As you can see, the stored dataframe I am able to access has all the columns, even after I select one in the above call.

Suppose that I select column b, then the expected output is:

col_dropper.get_data_frame.head(3)
|    |   a |
|---:|----:|
|  0 |   0 |
|  1 |   1 |
|  2 |   2 |

Packages versions I am using are: dash==2.0.0, dash_bootstrap_components==1.0.1, flask==2.0.1, jupyter_dash==0.4.0


Solution

  • From what I can tell, the jupyterdash extension is just spawning a server from within jupyter. So I believe you're running up against how dash handles server state, similar to a plain old dash app. So you're essentially trying to access an updated component value outside of the server context, which is not possible (see answer here). Even though you're running from jupyter, It's still a self contained server that the client (which is you in the next jupyter cell) cannot access dynamically and so as you have it, your get_data_frame will only ever be able to access the df you instantiated with.

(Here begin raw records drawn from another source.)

-- ===== src/Env.antt =====
-- src/env.rs: environments as holder objects with a chain of `((sym . val) . rest)` cells, and the
-- shadow maps of large frames. A walk is on fuel, and `none` means that it ran out or that an
-- allocation did not return; what the code answers is inside the `some`.
pub mod Index
pub mod Shadow
pub mod Frames
use x_engine_rust.Prelude.{
  ℕ, zero, suc, ◌+◌, ◌-◌, ◌*◌, ◌/◌, ◌%◌, ◌^◌, ◌≤◌, ◌<◌, bit_and, bit_or, bit_xor, min, max, ◌≡◌,
  refl, sym, ap, ap₂, ◌∙◌, ◌≢◌, ◌↔◌, ◌⊎◌, inl, inr, Bool, true, false, not, ◌&&◌, ◌||◌, Option,
  none, some, List, [], ◌∷◌, ◌++◌, map, reverse, arith, ltb, leb, ◌==◌, if◌then◌else◌, ◌>>=◌,
  ltb→lt, lt→ltb, le→ltb_false, ltb_false→le, le→leb, ==_iff, ==_refl, ne→==_false, ==_false→ne,
  Bool-cases, Option-cases, length, get_or, set, replicate, length-append, length-set,
  length-replicate, get_or-set_self, get_or-set_ne, get_or-beyond, get_or-append_left,
  get_or-append_right,
}
use x_engine_rust.Obj.{
  Obj, Addr, Word, Flags, EnvId, IsWord, bit_not, word_bytes, nil, is_nil, as_i64, from_i64, offset,
  plus, word_index, byte_in_word, word_base,
}
use x_engine_rust.Objects.{
  Objects, FreeList, bucket, set_bucket, with_heap, header_slot, flags_word, set_flags_word,
  kind_bits, flags, is, type_of_word, set_type_word, slot, data_word, set_data, data_len,
  chain_next, set_chain_next, first, rest, meta_stamped, meta_slot, meta_i, set_meta_i, stamp_meta,
  meta_extra, free_key, take_free, write_header, meta_bits, clear_data, reuse, push_zeros, grow,
  lay_out, count_alloc, slot_heap, slot_type, slot_flags, slot_len, meta_len, flag_meta_bit,
  flag_meta_shift, flag_magic_bit,
}
use x_engine_rust.Value.{spair}
use x_engine_rust.Base.{global_tree_insert}

abbrev pub chain_slot : ℕ
chain_slot = 0

abbrev pub parent_slot : ℕ
parent_slot = 1

abbrev pub base_slot : ℕ
base_slot = 2

abbrev pub index_at : ℕ
index_at = 16

-- A `HashMap` as an association list, whose first entry of a key counts.
abbrev pub Map : Type 0 → Type 0
Map A = List (ℕ × A)

abbrev pub map_get : {A : Type 0} → Map A → ℕ → Option A
map_get [] key = none
map_get ((k, a) ∷ m) key = if k == key then some a else map_get m key

-- `HashMap::insert`.
abbrev pub map_insert : {A : Type 0} → Map A → ℕ → A → Map A
map_insert [] key a = (key, a) ∷ []
map_insert ((k, old) ∷ m) key a = if k == key then (k, a) ∷ m else (k, old) ∷ map_insert m key a

-- `entry(key).or_insert(a)`.
abbrev pub map_or_insert : {A : Type 0} → Map A → ℕ → A → Map A
map_or_insert [] key a = (key, a) ∷ []
map_or_insert ((k, old) ∷ m) key a = (k, old) ∷ (if k == key then m else map_or_insert m key a)

pub record Envs : Type 0 where
  pub index : Map (Map Obj)
  pub made : ℕ

unfoldable pub new : Envs
new = record { index = []; made = 0 }

unfoldable pub base_of : Objects → EnvId → Obj
unfolding data_word
base_of s id = data_word s id base_slot

unfoldable pub parent_of : Objects → EnvId → Option EnvId
unfolding data_word
parent_of s id = let p = data_word s id parent_slot in if is_nil p then none else some p

-- The loop of `chain_len`.
unfoldable pub chain_len : ℕ → Objects → Obj → Option ℕ
unfolding rest
chain_len zero s at = if is_nil at then some 0 else none
chain_len (suc fuel) s at =
    let more = chain_len fuel s (rest s at) in
    if is_nil at then some 0 else (do n ← more; some (n + 1))

-- The scan of `find_in_frame` from the cell `at`.
unfoldable pub scan : ℕ → Objects → Obj → Obj → Option (Option Obj)
unfolding first rest
scan zero s at name = if is_nil at then some none else none
scan (suc fuel) s at name =
    let p = first s at in
    let more = scan fuel s (rest s at) name in
    if is_nil at then some none else if first s p == name then some (some p) else more

unfoldable pub find_in_frame : ℕ → Envs → Objects → EnvId → Obj → Option (Option Obj)
unfolding scan data_word
find_in_frame fuel e s env name = elim (map_get e.index env) [
  | some m ↦ some (map_get m name)
  | none ↦ scan fuel s (data_word s env chain_slot) name
]

-- The walk over the frames out from `at`, at most `frames` of them: the cell found.
unfoldable pub find : ℕ → ℕ → Envs → Objects → EnvId → Obj → Option (Option Obj)
unfolding find_in_frame parent_of
find zero fuel e s at name = none
find (suc frames) fuel e s at name = do
  r ← find_in_frame fuel e s at name
  elim r [
    | some p ↦ some (some p)
    | none ↦ elim (parent_of s at) [ some up ↦ find frames fuel e s up name | none ↦ some none ]
  ]

unfoldable pub lookup : ℕ → ℕ → Envs → Objects → EnvId → Obj → Option (Option Obj)
unfolding find rest
lookup frames fuel e s env name = do
  r ← find frames fuel e s env name
  elim r [ some p ↦ some (some (rest s p)) | none ↦ some none ]

unfoldable pub set_existing : ℕ → ℕ → Envs → Objects → EnvId → Obj → Word → Option (Bool × Objects)
unfolding find set_data
set_existing frames fuel e s env name value = do
  r ← find frames fuel e s env name
  elim r [ some p ↦ some (true, set_data s p 1 value) | none ↦ some (false, s) ]

-- The shadow map of a chain, on top of `m`.
unfoldable pub index_loop : ℕ → Objects → Obj → Map Obj → Option (Map Obj)
unfolding first rest
index_loop zero s at m = if is_nil at then some m else none
index_loop (suc fuel) s at m =
    let p = first s at in
    let more = index_loop fuel s (rest s at) (map_or_insert m (first s p) p) in
    if is_nil at then some m else more

-- A binding of a frame that a base stands behind, mirrored into its global tree.
unfoldable pub mirror : ℕ → Objects → EnvId → Obj → Option Objects
unfolding data_word global_tree_insert
mirror fuel s h pair =
    let base = data_word s h base_slot in
    if is_nil (data_word s h parent_slot) && not (is_nil base)
    then global_tree_insert fuel s base pair
    else some s

-- The shadow map after a new binding: grown if it is there, built once the chain is long.
unfoldable pub reindex : ℕ → Envs → Objects → EnvId → Obj → Obj → Option Envs
unfolding chain_len index_loop data_word
reindex fuel e s h name pair = elim (map_get e.index h) [
  | some m ↦ some (record e { index = map_insert e.index h (map_insert m name pair) })
  | none ↦ do
    n ← chain_len fuel s (data_word s h chain_slot)
    if ltb index_at n
        then (do
          m ← index_loop fuel s (data_word s h chain_slot) []
          some (record e { index = map_insert e.index h m }))
        else some e
]

unfoldable pub bind : ℕ → Envs → Objects → EnvId → Obj → Obj → Option (Envs × Objects)
unfolding find_in_frame set_data spair data_word mirror reindex
bind fuel e s h name value = do
  r ← find_in_frame fuel e s h name
  elim r [
    | some p ↦ some (e, set_data s p 1 value)
    | none ↦ do
      (pair, s1) ← spair s name value
      (head, s2) ← spair s1 pair (data_word s1 h chain_slot)
      let s3 = set_data s2 h chain_slot head
      s4 ← mirror fuel s3 h pair
      e1 ← reindex fuel e s4 h name pair
      some (e1, s4)
  ]
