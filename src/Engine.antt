-- ===== src/Engine.antt =====
-- src/engine.rs, src/diag.rs, src/prim.rs and the roots of src/collect.rs: the state of an engine,
-- its conditions, its control records, and the actions on it. An action is a function of the state:
-- `none` means that it does not return, for want of fuel or of room in the arena; else there is an
-- `EvalResult`, with the state after it in both cases. What lies outside of the source is a `Host`.
pub mod Apply
pub mod Operators
pub mod Gc
pub mod Run
pub mod Collection
pub mod Escape
pub mod Syntax
pub mod Doors
pub mod Rows
pub mod Replay
pub mod Tables
pub mod Check
pub mod Bases
pub mod Session
pub mod Boot
pub mod Balance
use x_engine_rust.Prelude.{
  ℕ, zero, suc, ◌+◌, ◌-◌, Bool, true, false, Option, none, some, List, [], ◌∷◌, ◌++◌, length,
}
use x_engine_rust.Obj.{Obj, EnvId, Word}
use x_engine_rust.Objects.{Objects}
use x_engine_rust.Symbols.{Symbols}
use x_engine_rust.Env.{Envs, Map}
use Prim.Native.String.{String}

-- A text is its bytes.
abbrev pub Text : Type 0
Text = List ℕ

pub data Cond : Type 0 where
  raised : Obj → Cond
  engine_msg : Text → Cond
  unbound : Obj → Cond
  cannot_include : Text → Cond
  not_an_environment : Obj → Cond
  no_program : Cond
  alloc_exceeded : Cond

pub data Result (A : Type 0) : Type 0 where
  ok : A → Result A
  err : Cond → Result A

-- What is left to do at a place of the evaluation, with its depth last.
pub data ControlRec : Type 0 where
  body_rec : Obj → EnvId → ℕ → ControlRec
  args_rec : Obj → List Obj → Obj → EnvId → ℕ → ℕ → ControlRec
  bind_rec : Obj → EnvId → Bool → ℕ → ControlRec
  pass_rec : ℕ → ControlRec

unfoldable pub depth_of : ControlRec → ℕ
depth_of (body_rec rest env depth) = depth
depth_of (args_rec callee done rest env n depth) = depth
depth_of (bind_rec name env set depth) = depth
depth_of (pass_rec depth) = depth

pub record ContSnapshot : Type 0 where
  pub k : Obj
  pub recs : List ControlRec
  pub resumable : Bool

-- The fields of `Engine`, less the table of instructions, which is fixed, and the open files. A
-- stack is a list with its top last. `interrupts` is what the flag of the signal handler holds at
-- each of its next readings.
pub record Engine : Type 0 where
  pub objects : Objects
  pub envs : Envs
  pub base : Obj
  pub catalogue : Obj
  pub prim_bindings : List (Obj × Obj)
  pub line_stack : List Obj
  pub live_file : Word
  pub roots : List Obj
  pub env_roots : List EnvId
  pub in_gc : Bool
  pub active_evals : ℕ
  pub base_stack : List Obj
  pub gc_stress : ℕ
  pub stress_countdown : ℕ
  pub escaping : Option (ℕ × Obj)
  pub next_cont : ℕ
  pub control : List ControlRec
  pub jit_env : Option EnvId
  pub cont_snapshots : Map ContSnapshot
  pub base_syms : Map Symbols
  pub alloc_limit : Option ℕ
  pub token_eof : Obj
  pub sigint_flag : Obj
  pub interrupts : List Bool

abbrev pub M : Type 0 → Type 0
M A = Engine → Option (Result A × Engine)

module _ {A : Type 0} where
  unfoldable pub pure : A → M A
  pure a e = some (ok a, e)

  unfoldable pub raise : Cond → M A
  raise c e = some (err c, e)

  unfoldable pub of : Result A → M A
  of r e = some (r, e)

  unfoldable pub out_of_fuel : M A
  out_of_fuel e = none

  unfoldable pub gets : (Engine → A) → M A
  gets f e = some (ok (f e), e)

  unfoldable pub reads : (Objects → A) → M A
  reads f e = some (ok (f e.objects), e)

  abbrev pub answered : Engine → Option A → Option (Result A × Engine)
  answered e none = none
  answered e (some a) = some (ok a, e)

  -- A walk of the store on fuel.
  unfoldable pub walks : (Objects → Option A) → M A
  walks f e = answered e (f e.objects)

  abbrev pub stored : Engine → Option (A × Objects) → Option (Result A × Engine)
  stored e none = none
  stored e (some (a, s)) = some (ok a, record e { objects = s })

  -- An allocation, or another step on the store that answers.
  unfoldable pub makes : (Objects → Option (A × Objects)) → M A
  makes f e = stored e (f e.objects)

  abbrev pub framed : Engine → Option (A × Envs × Objects) → Option (Result A × Engine)
  framed e none = none
  framed e (some (a, envs, s)) = some (ok a, record e { objects = s; envs = envs })

  -- A step on the environments.
  unfoldable pub frames : (Envs → Objects → Option (A × Envs × Objects)) → M A
  frames f e = framed e (f e.envs e.objects)

  abbrev pub caught : Option (Result A × Engine) → Option (Result (Result A) × Engine)
  caught none = none
  caught (some (r, e)) = some (ok r, e)

  -- The result as a value, for a caller that looks at it itself.
  unfoldable pub attempt : M A → M (Result A)
  attempt m e = caught (m e)

unfoldable pub writes : (Objects → Objects) → M (Unit {0})
writes f e = some (ok tt, record e { objects = f e.objects })

unfoldable pub modify : (Engine → Engine) → M (Unit {0})
modify f e = some (ok tt, f e)

abbrev pub updated : Engine → Option Objects → Option (Result (Unit {0}) × Engine)
updated e none = none
updated e (some s) = some (ok tt, record e { objects = s })

-- A step on the store that may need room.
unfoldable pub updates : (Objects → Option Objects) → M (Unit {0})
updates f e = updated e (f e.objects)

abbrev pub bound : Engine → Option (Envs × Objects) → Option (Result (Unit {0}) × Engine)
bound e none = none
bound e (some (envs, s)) = some (ok tt, record e { objects = s; envs = envs })

unfoldable pub binds : (Envs → Objects → Option (Envs × Objects)) → M (Unit {0})
binds f e = bound e (f e.envs e.objects)

module _ {A B : Type 0} where
  abbrev pub continue : (A → M B) → Option (Result A × Engine) → Option (Result B × Engine)
  continue f none = none
  continue f (some (ok a, e)) = f a e
  continue f (some (err c, e)) = some (err c, e)

  infixl 5 ◌>>=◌ ◌>>◌
  unfoldable pub ◌>>=◌ : M A → (A → M B) → M B
  unfolding pure raise of out_of_fuel gets reads walks makes frames attempt writes modify updates
      binds
  ◌>>=◌ m f e = continue f (m e)

  abbrev pub ◌>>◌ : M A → M B → M B
  m >> n = m >>= λ _. n

  -- The two cases of an option.
  unfoldable pub on_option : Option A → M B → (A → M B) → M B
  on_option none m f = m
  on_option (some a) m f = f a

  unfoldable pub on_result : Result A → (A → M B) → (Cond → M B) → M B
  on_result (ok a) f g = f a
  on_result (err c) f g = g c

abbrev pub take {ℓ} : {A : Type ℓ} → List A → ℕ → List A
take [] n = []
take (x ∷ xs) zero = []
take (x ∷ xs) (suc n) = x ∷ take xs n

-- The roots.
unfoldable pub root_push : Obj → M (Unit {0})
root_push o e = some (ok tt, record e { roots = e.roots ++ o ∷ [] })

unfoldable pub root_truncate : ℕ → M (Unit {0})
root_truncate to e = some (ok tt, record e { roots = take e.roots to })

abbrev pub root_mark : Engine → ℕ
root_mark e = length e.roots

unfoldable pub env_root_push : EnvId → M (Unit {0})
env_root_push env e = some (ok tt, record e { env_roots = e.env_roots ++ env ∷ [] })

unfoldable pub env_root_truncate : ℕ → M (Unit {0})
env_root_truncate to e = some (ok tt, record e { env_roots = take e.env_roots to })

abbrev pub env_root_mark : Engine → ℕ
env_root_mark e = length e.env_roots

unfoldable pub push_roots : List Obj → M (Unit {0})
unfolding root_push ◌>>=◌
push_roots [] = pure tt
push_roots (o ∷ objs) = root_push o >> push_roots objs

unfoldable pub control_push : ControlRec → M (Unit {0})
control_push r e = some (ok tt, record e { control = e.control ++ r ∷ [] })

-- `Vec::pop`, whose answer is dropped.
unfoldable pub control_pop : M (Unit {0})
control_pop e = some (ok tt, record e { control = take e.control (length e.control - 1) })

module _ {A : Type 0} where
  -- The bracket `root_mark`, `root_push` of each, the body, `root_truncate`.
  unfoldable pub rooted : List Obj → M A → M A
  unfolding push_roots root_truncate ◌>>=◌
  rooted objs m = do
    mark ← gets root_mark
    push_roots objs
    out ← attempt m
    root_truncate mark
    of out

  unfoldable pub env_rooted : EnvId → M A → M A
  unfolding env_root_push env_root_truncate ◌>>=◌
  env_rooted env m = do
    mark ← gets env_root_mark
    env_root_push env
    out ← attempt m
    env_root_truncate mark
    of out

  -- The bracket of a control record.
  unfoldable pub recorded : (ℕ → ControlRec) → M A → M A
  unfolding control_push control_pop ◌>>=◌
  recorded r m = do
    depth ← gets (λ (e : Engine). e.active_evals)
    control_push (r depth)
    out ← attempt m
    control_pop
    of out

-- What is outside of the source: a call of machine code with words, which answers a word; the
-- reading of bytes as text, which replaces what is not UTF-8; the address of the arena in the
-- process; and the two names that the build stamps.
pub record Host : Type 0 where
  pub call_ints : ℕ → List ℕ → Engine → Option (ℕ × Engine)
  pub lossy : Text → Text
  pub arena : ℕ
  pub machine : Text
  pub release : Text

-- The recursive doors of the evaluator: the fuel of the walks of the store, evaluation, application,
-- and the instruction at a place of the table.
pub record Door : Type 0 where
  pub fuel : ℕ
  pub eval : Obj → EnvId → M Obj
  pub combine : Obj → Obj → EnvId → M (Option Obj)
  pub entry : ℕ → Option (Obj → Obj → EnvId → M Obj)

-- `PrimFn`: the callee, the arguments as written, and the environment.
abbrev pub PrimFn : Type 0
PrimFn = Host → Door → Obj → Obj → EnvId → M Obj

pub record PrimDef : Type 0 where
  pub bare : Option String
  pub coord : Option (String × String)
  pub arity : ℕ × Option ℕ
  pub f : PrimFn

abbrev pub row : Option String → Option (String × String) → ℕ → PrimFn → PrimDef
row bare coord n f = record { bare = bare; coord = coord; arity = (n, some n); f = f }

-- `prims.get(idx)`.
abbrev pub prim_at : List PrimDef → ℕ → Option PrimDef
prim_at [] idx = none
prim_at (p ∷ prims) zero = some p
prim_at (p ∷ prims) (suc idx) = prim_at prims idx
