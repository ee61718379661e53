-- ===== src/Env/Frames.antt =====
-- src/env.rs and src/eval.rs: new frames, the base of a root frame, and the binding of parameters.
-- The fuel is that of walks; `none` means that it ran out or that the arena is exhausted.
use x_engine_rust.Prelude.{
  ℕ, zero, suc, ◌+◌, true, false, not, ◌&&◌, Option, none, some, List, [], ◌∷◌, if◌then◌else◌,
  ◌>>=◌, get_or,
}
use x_engine_rust.Obj.{Obj, EnvId, nil, is_nil}
use x_engine_rust.Objects.{Objects, data_word, set_data, first, rest}
use x_engine_rust.Objects.Kinds.{flag_envh}
use x_engine_rust.Typed.Builtin.{alloc}
use x_engine_rust.Base.{global_tree_insert}
use x_engine_rust.Value.{is_cell}
use x_engine_rust.Value.Make.{pair}
use x_engine_rust.Env.{Envs, chain_slot, parent_slot, base_slot, bind}

unfoldable pub make_frame : ℕ → Envs → Objects → Obj → Obj → Option (EnvId × Envs × Objects)
unfolding alloc set_data
make_frame fuel e s parent base = do
  (h, s) ← alloc fuel s flag_envh 3
  let s = set_data (set_data (set_data s h chain_slot nil) h parent_slot parent) h base_slot base
  some (h, record e { made = e.made + 1 }, s)

unfoldable pub push_root : ℕ → Envs → Objects → Option (EnvId × Envs × Objects)
unfolding make_frame
push_root fuel e s = make_frame fuel e s nil nil

unfoldable pub push_frame : ℕ → Envs → Objects → EnvId → Option (EnvId × Envs × Objects)
unfolding make_frame data_word
push_frame fuel e s parent = make_frame fuel e s parent (data_word s parent base_slot)

-- The bindings of the chain from `at`, mirrored into the tree of the base.
unfoldable pub backfill : ℕ → Objects → Obj → Obj → Option Objects
unfolding first rest global_tree_insert
backfill zero s base at = elim (is_nil at) [ true ↦ some s | false ↦ none ]
backfill (suc fuel) s base at = elim (is_nil at) [
  | true ↦ some s
  | false ↦ do s1 ← global_tree_insert fuel s base (first s at); backfill fuel s1 base (rest s1 at)
]

unfoldable pub set_base : ℕ → Objects → EnvId → Obj → Option Objects
unfolding set_data data_word backfill
set_base fuel s id base =
    let s1 = set_data s id base_slot base in
    elim (is_nil (data_word s1 id parent_slot) && not (is_nil base)) [
      | true ↦ backfill fuel s1 base (data_word s1 id chain_slot)
      | false ↦ some s1
    ]

-- The values that are left as a list, from the last to the first.
unfoldable pub rest_list : ℕ → Objects → List Obj → Option (Obj × Objects)
unfolding pair
rest_list fuel s [] = some (nil, s)
rest_list fuel s (v ∷ vals) = do (out, s) ← rest_list fuel s vals; pair fuel s v out

-- A missing value is nil, a spare one is dropped, and the tail of the spine takes what is left.
unfoldable pub bind_params : ℕ → Envs → Objects → EnvId → Obj → List Obj → Option (Envs × Objects)
unfolding is_cell first rest bind rest_list
bind_params zero e s frame params vals = none
bind_params (suc fuel) e s frame params vals = elim (is_cell s params) [
  | true ↦ do
    (e, s) ← bind fuel e s frame (first s params) (get_or vals 0 nil)
    bind_params fuel e s frame (rest s params) (elim vals [ [] ↦ [] | v ∷ more ↦ more ])
  | false ↦ elim (is_nil params) [
    | true ↦ some (e, s)
    | false ↦ do (l, s) ← rest_list fuel s vals; bind fuel e s frame params l
  ]
]

-- The spine of an operative bound as it stands: a parameter past a dotted end takes what is left.
unfoldable pub bind_spine : ℕ → Envs → Objects → EnvId → Obj → Obj → Option (Envs × Objects)
unfolding is_cell first rest bind
bind_spine zero e s frame p a = none
bind_spine (suc fuel) e s frame p a = elim (is_cell s p) [
  | true ↦ do
    (e, s1) ← bind fuel e s frame (first s p) (if is_cell s a then first s a else a)
    bind_spine fuel e s1 frame (rest s1 p) (if is_cell s a then rest s a else nil)
  | false ↦ elim (is_nil p) [ true ↦ some (e, s) | false ↦ bind fuel e s frame p a ]
]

    To get around this, you need to store your updated dataframe in some persistent form available outside of the app. How you do that depends on your use-case but basically every time your on_col_selection is triggered, you need to write your dataframe to something outside of the app. For example, the following will reproduce the behavior you're looking for:

        def callbacks(self, app):
            """Initialize app callbacks"""
    
            @app.callback(
                Output("data-store", "data"),
                Input("cols", "value"),
                State("data-store", "data"),
                prevent_initial_call=True,
            )
            def on_col_selection(col_name, df_jsonified):
                
                df = (pd.read_json(df_jsonified, orient="split")
                      .drop(col_name, axis=1)
                    )
                df.to_csv("/path/to/some_hidden_file_somewhere.csv", index=False)
                return df.to_json(date_format="iso", orient="split")
                
        @property
        def get_data_frame(self):
            """property to retrieve dataframe from data-store"""
            return pd.read_csv("/path/to/some_hidden_file_somewhere.csv")
    

    If you're going to be sharing your code with others, you probably want something more sophisticated to keep track of user-dependent files. For example, an on-disk flask cache could work well here. Also check out Examples 3 and 4 on dash's Sharing Data Between Callbacks page.

    Depending on what your design plans are, you might also want to look into dash's DataTable for displaying and interacting with the dataframe from within the dash app.